I don’t know what I was thinking. I’ve voluntarily kept myself away from football for over a decade now. Actually, make that closer to 15 years. Somehow I let myself ‘get back in the game’. That was a big mistake for me.
When I was 14, I was at my mom’s house for thanksgiving, watching a football game, I had hyped up for months prior. In short, my team lost, in an embarrassingly close game.
When I freaked out afterwards (what I had done countless times prior) my mother told me to calm down. That only turned my relentless anger towards her. I have to apologize to her even to this day, for the hurtful, terrible things I said to her that day.
Fast forward to today. A few friends of mine over at NFi got me interested in UCF football again. I kept interest, especially after we nearly toppled Texas in our opening game for our new stadium. For a while it was a welcome interest. That while was short lived.

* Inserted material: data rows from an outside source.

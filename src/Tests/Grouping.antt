-- ===== src/Tests/Grouping.antt =====
-- Consumer groups on a concrete queue.
use go_redis_smq.Prelude.{ℕ, ◌≡◌, refl, false, any, some, [], ◌∷◌, ok, err}
use go_redis_smq.Prelude.Text.{Text, codes, text_eq}
use go_redis_smq.Prelude.Decimal.{itoa}
use go_redis_smq.Keys.{is_letter, is_valid_key_char}
use go_redis_smq.Delivery.Entries
use go_redis_smq.Delivery.Entries.{entries_of}
use go_redis_smq.Delivery.Data.{Db}
use go_redis_smq.Delivery.Publish.{objection}
use go_redis_smq.Delivery.Calls.{dispatches, run}
use go_redis_smq.ConsumerGroups
use go_redis_smq.ConsumerGroups.{
  Groups, Error, invalid_group_id, not_supported, has_active_consumers, save_group, delete_group,
  list_groups, del_key, drop_group,
}
use go_redis_smq.ConsumerGroups.Stranded.{delete_group_strands}
use go_redis_smq.Producer.Resolver.{delivery_pub_sub}
use go_redis_smq.Tests.Deliveries.{next_tick, empty_queue, audit, parcel}

abbrev group : Text
group = codes "g"

abbrev no_groups : Groups
no_groups = record { db = empty_queue; delivery_model = some delivery_pub_sub; members = λ _. [] }

saved : list_groups (save_group (λ c. c) group no_groups).0 ≡ group ∷ []
unfolding save_group text_eq is_letter is_valid_key_char
saved = refl

not_saved : (save_group (λ c. c) (codes "g:") no_groups).1 ≡ err invalid_group_id
unfolding save_group text_eq is_letter is_valid_key_char
not_saved = refl

-- A message waits for the group.
abbrev waiting : Db
waiting =
    run next_tick audit ((10, dispatches (record (parcel 7) { group = group })) ∷ [])
      (record empty_queue { groups = group ∷ [] })

abbrev one_waits : Groups
one_waits = record { db = waiting; delivery_model = some delivery_pub_sub; members = λ _. [] }

waits : entries_of Entries.pending group one_waits.db.entries ≡ 1
unfolding run objection entries_of text_eq
waits = refl

in_use :
    (delete_group group (record one_waits { members = λ _. codes "c" ∷ [] })).1
    ≡ err has_active_consumers
unfolding delete_group run objection text_eq ConsumerGroups.objection itoa
in_use = refl

delete_group_strands_example :
    let (w', result) = delete_group group one_waits in
    (result ≡ ok tt)
    × (any (text_eq group) w'.db.groups ≡ false)
    × ((kind : ℕ)
        → entries_of kind group w'.db.entries ≡ entries_of kind group one_waits.db.entries)
unfolding run objection entries_of text_eq
delete_group_strands_example = delete_group_strands 103 [] 1 one_waits refl refl refl refl refl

The last few weeks have proved to be more than I can bear. With back to back heart breaking losses for UCF, and Florida, I’ve had to hold back that same overflow of emotion that caused me to hurt my own mother years ago.
Some folks are addicted to beer, drugs, sex, gambling. Not me, I’m addicted to winning football. When I don’t win, I’m a dangerous guy. It would probably be less of an issue if I was a smaller guy. However, I’m 270lbs, and I routinely bench press better than 315lbs, and deadlift well over 405lbs. So when I lose control of my temper, the consequences can be severe.
It sucks to know that something is just too much for me to handle, but football really just is a far too dangerous temptation for me. I’ll leave the commentary up to Alex. He’s really good at it.